To give an idea as to scale, the gap between the two needlike-like tips is about 2mm, less than a tenth of an inch, so the image is substantially enlarged. Still, it's a scale that we humans can relate to, unlike the nanometer size of the atom itself.
Here's how Nadlinger captured the image: A strontium atom was ionized by a laser, then trapped in an ultra-high vacuum chamber (aka, an ion trap) and hit by a blue-violet laser. It was held firmly in place by four electromagnet needles, including the two shown in the image and two others that are out of view. Those created something called a "rotating saddle potential," that trapped the atom in much the same way that a real rotating saddle can trap a physical ball.
Once stabilized, the strontium ion was hit by an array of lasers from multiple directions, which took it to near absolute zero. The blue-violet light is also just the right frequency so that the ion absorbs and re-emits the light. While a strontium atom is only about a quarter of a nanometer, the lasers created a glow that's hundreds of times wider than that (it moves a tiny bit, too). Even that would be barely big enough to see, so Nadlinger used some extension tubes and over-exposed the image in a process called "optic elaboration." (It was shot with a Canon EOS 5D Mark II and EF 50mm f/1.8 lens.)
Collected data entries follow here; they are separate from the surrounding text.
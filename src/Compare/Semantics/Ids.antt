-- ===== src/Compare/Semantics/Ids.antt =====
-- The comparators of src/compare hand on the check's id and the candidate's scope.
use mediadiff.Base.{
  Accepts, Accepts-all, Accepts-bind, Accepts-if, Bool, List, Option, Text, [], false,
  if◌then◌else◌, none, not, ok, refl, some, text_eq, true, ◌&&◌, ◌||◌, ◌≡◌,
}
use mediadiff.Compare.{IsComparator, start_finding}
use mediadiff.Compare.Dist.{compare_dist}
use mediadiff.Compare.Divergence.{compute_divergence}
use mediadiff.Compare.Engine.{all_keys, index_from}
use mediadiff.Compare.Exact.{
  active_expectation, compare_exact, derive_transform_target, equality_finding, exact_against,
  matches_target, target_finding,
}
use mediadiff.Compare.Hash.{
  chains_finding, compare_hash, difference_finding, extract_rate_hz, first_precondition_mismatch,
  incomparable_finding, is_truncated_sampling, truncated_message, unless_mismatch,
}
use mediadiff.Compare.Order.{Reports, compare_fingerprints-Reports}
use mediadiff.Compare.Pairs.{compare_fingerprints}
use mediadiff.Compare.Semantics.{comparator_for}
use mediadiff.Compare.Simple.{
  bool_eq, compare_presence, compare_set, compare_state, is_absent, value_is_flagged,
}
use mediadiff.Compare.Spans.{Flagged, compare_span}
use mediadiff.Compare.Tol.{extract_pair}
use mediadiff.Compare.Tol.Run.{compare_tol, side_adjusted_preference}
use mediadiff.Compare.Values.{value_eq}
use mediadiff.Core.Model.{
  Finding, Fingerprint, HashChain, Measurement, Span, Value, Vendor, hash_value,
}
use mediadiff.Core.Policy.{Policy}
use mediadiff.Core.Profiles.{Dimensions, parse_resolution_expectation}
use mediadiff.Core.Registry.{
  CheckDef, CheckRegistry, Semantic, dist, exact, hash, presence, set, span, state, tol,
  tolerance_for,
}
use mediadiff.Core.Tolerance.{parse_tolerance}

abbrev pub CarriesIds : {Json : Type 0} → CheckDef → Measurement Json → Finding Json → Type 0
CarriesIds check candidate f = (f.id ≡ check.id) × (f.scope ≡ candidate.scope)

module _ (V : Vendor) (check : CheckDef) (b c : Measurement V.Json) (policy : Policy) where
  finding_if :
      (t : Bool) (f g : Finding V.Json)
      → CarriesIds check c f
      → CarriesIds check c g
      → CarriesIds check c (if t then f else g)
  finding_if true f g h k = h
  finding_if false f g h k = k

  either :
      (t : Bool) (f g : Finding V.Json)
      → CarriesIds check c f
      → CarriesIds check c g
      → Accepts (CarriesIds check c) (if t then ok f else ok g)
  either t f g h k = Accepts-if (CarriesIds check c) t (ok f) (ok g) (λ _. h) (λ _. k)

  target_finding-CarriesIds :
      (target : Dimensions) → CarriesIds check c (target_finding V check b c policy target)
  unfolding target_finding start_finding
  target_finding-CarriesIds target =
      finding_if (matches_target c.value target) _ _ (refl, refl) (refl, refl)

  equality_finding-CarriesIds : CarriesIds check c (equality_finding V check b c policy)
  unfolding equality_finding start_finding
  equality_finding-CarriesIds = finding_if (value_eq b.value c.value) _ _ (refl, refl) (refl, refl)

  exact_against-ids :
      (raw : Option Text) → Accepts (CarriesIds check c) (exact_against V raw check b c policy)
  exact_against-ids none = equality_finding-CarriesIds
  exact_against-ids (some raw) =
      Accepts-bind (λ _. Unit) (CarriesIds check c) (parse_resolution_expectation raw) _
        (Accepts-all (parse_resolution_expectation raw))
        (λ expectation _.
          Accepts-bind (λ _. Unit) (CarriesIds check c)
            (derive_transform_target expectation raw b.value) _
            (Accepts-all (derive_transform_target expectation raw b.value))
            (λ target _. target_finding-CarriesIds target))

  compare_exact-ids : Accepts (CarriesIds check c) (compare_exact V check b c policy)
  unfolding compare_exact start_finding
  compare_exact-ids = exact_against-ids (active_expectation check policy)

  compare_tol-ids : Accepts (CarriesIds check c) (compare_tol V check b c policy)
  unfolding compare_tol start_finding
  compare_tol-ids =
      Accepts-bind (λ _. Unit) (CarriesIds check c)
        (parse_tolerance (tolerance_for check policy.profile) check.unit) _ (Accepts-all _)
        (λ tolerance _.
          Accepts-bind (λ _. Unit) (CarriesIds check c) (extract_pair b.value c.value) _
            (Accepts-all _)
            (λ magnitudes _.
              Accepts-bind (λ _. Unit) (CarriesIds check c) (side_adjusted_preference V b) _
                (Accepts-all _)
                (λ bp _.
                  Accepts-bind (λ _. Unit) (CarriesIds check c) (side_adjusted_preference V c) _
                    (Accepts-all _) (λ cp _. (refl, refl)))))

  compare_dist-ids : Accepts (CarriesIds check c) (compare_dist V check b c policy)
  unfolding compare_dist start_finding
  compare_dist-ids =
      Accepts-bind (λ _. Unit) (CarriesIds check c)
        (parse_tolerance (tolerance_for check policy.profile) check.unit) _ (Accepts-all _)
        (λ tolerance _. (refl, refl))

  incomparable-CarriesIds :
      (message : Text)
      → Accepts (CarriesIds check c) (ok (incomparable_finding V check b c policy message))
  unfolding incomparable_finding start_finding
  incomparable-CarriesIds message = (refl, refl)

  difference_finding-CarriesIds :
      (x y : HashChain) → CarriesIds check c (difference_finding V check b c policy x y)
  unfolding difference_finding start_finding
  difference_finding-CarriesIds x y =
      finding_if (compute_divergence V x y (extract_rate_hz V c.evidence)).available _ _
        (refl, refl) (refl, refl)

  chains_finding-CarriesIds :
      (x y : Value) → CarriesIds check c (chains_finding V check b c policy x y)
  unfolding chains_finding start_finding
  chains_finding-CarriesIds (hash_value x) (hash_value y) =
      finding_if (text_eq x.algorithm y.algorithm && text_eq x.digest y.digest) _ _ (refl, refl)
        (difference_finding-CarriesIds x y)
  chains_finding-CarriesIds _ _ = (refl, refl)

  unless_mismatch-CarriesIds :
      (key : Option Text) → CarriesIds check c (unless_mismatch V check b c policy key)
  unless_mismatch-CarriesIds none = chains_finding-CarriesIds b.value c.value
  unless_mismatch-CarriesIds (some key) = incomparable-CarriesIds _

  compare_hash-ids : Accepts (CarriesIds check c) (compare_hash V check b c policy)
  unfolding compare_hash start_finding
  compare_hash-ids =
      Accepts-if (CarriesIds check c)
        (is_truncated_sampling V b.evidence || is_truncated_sampling V c.evidence) _ _
        (λ _. incomparable-CarriesIds (
          truncated_message (is_truncated_sampling V b.evidence)
            (is_truncated_sampling V c.evidence)))
        (λ _. unless_mismatch-CarriesIds (first_precondition_mismatch V b.evidence c.evidence))

  compare_presence-ids : Accepts (CarriesIds check c) (compare_presence V check b c policy)
  unfolding compare_presence start_finding
  compare_presence-ids =
      either (bool_eq (is_absent b.value) (is_absent c.value)) _ _ (refl, refl) (refl, refl)

  compare_state-ids : Accepts (CarriesIds check c) (compare_state V check b c policy)
  unfolding compare_state start_finding
  compare_state-ids =
      either (not (value_is_flagged b.value check) && not (value_is_flagged c.value check)) _ _
        (refl, refl) (refl, refl)

  compare_set-ids : Accepts (CarriesIds check c) (compare_set V check b c policy)
  unfolding compare_set start_finding
  compare_set-ids = either _ _ _ (refl, refl) (refl, refl)

  compare_span-ids :
      (sort_spans : List Span → Bool → Flagged (List Span))
      → Accepts (CarriesIds check c) (compare_span V sort_spans check b c policy)
  unfolding compare_span start_finding
  compare_span-ids sort_spans = (refl, refl)

-- Each of the eight comparators gives its finding the check's id and the candidate's scope.
pub comparator_for-IsComparator :
    (V : Vendor) (sort_spans : List Span → Bool → Flagged (List Span)) (semantic : Semantic)
    → IsComparator (comparator_for V sort_spans semantic)
unfolding comparator_for
comparator_for-IsComparator V sort_spans exact check b c policy =
    compare_exact-ids V check b c policy
comparator_for-IsComparator V sort_spans tol check b c policy = compare_tol-ids V check b c policy
comparator_for-IsComparator V sort_spans set check b c policy = compare_set-ids V check b c policy
comparator_for-IsComparator V sort_spans presence check b c policy =
    compare_presence-ids V check b c policy
comparator_for-IsComparator V sort_spans hash check b c policy = compare_hash-ids V check b c policy
comparator_for-IsComparator V sort_spans dist check b c policy = compare_dist-ids V check b c policy
comparator_for-IsComparator V sort_spans span check b c policy =
    compare_span-ids V check b c policy sort_spans
comparator_for-IsComparator V sort_spans state check b c policy =
    compare_state-ids V check b c policy

-- The findings of a comparison with the program's own comparators stand in the order of the keys,
-- at most one for each, each with the id of its key's registered check and its key's scope.
pub comparator_for-Reports :
    (V : Vendor) (sort_spans : List Span → Bool → Flagged (List Span))
    (baseline candidate : Fingerprint V.Json) (policy : Policy) (registry : CheckRegistry)
    → Accepts
        (Reports registry
          (all_keys (index_from [] baseline.measurements) (index_from [] candidate.measurements)))
        (compare_fingerprints V (comparator_for V sort_spans) baseline candidate policy registry)
comparator_for-Reports V sort_spans =
    compare_fingerprints-Reports V (comparator_for V sort_spans)
      (comparator_for-IsComparator V sort_spans)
Nadlinger noted that he's not the first to photograph an atom in this way; Nobel laureate Hans Dehmelt photographed a single barium atom in 1989. His effort, however, was better publicized thanks in part to the EPSCR photo contest. That aside, it's a great photo that literally brought an impossibly small world to light, and Nadlinger is one of the few people that could pull it off.
"A back-of-the-envelope calculation showed the numbers to be on my side, and when I set off to the lab with camera and tripods one quiet Sunday afternoon, I was rewarded with this particular picture of a small, pale blue dot."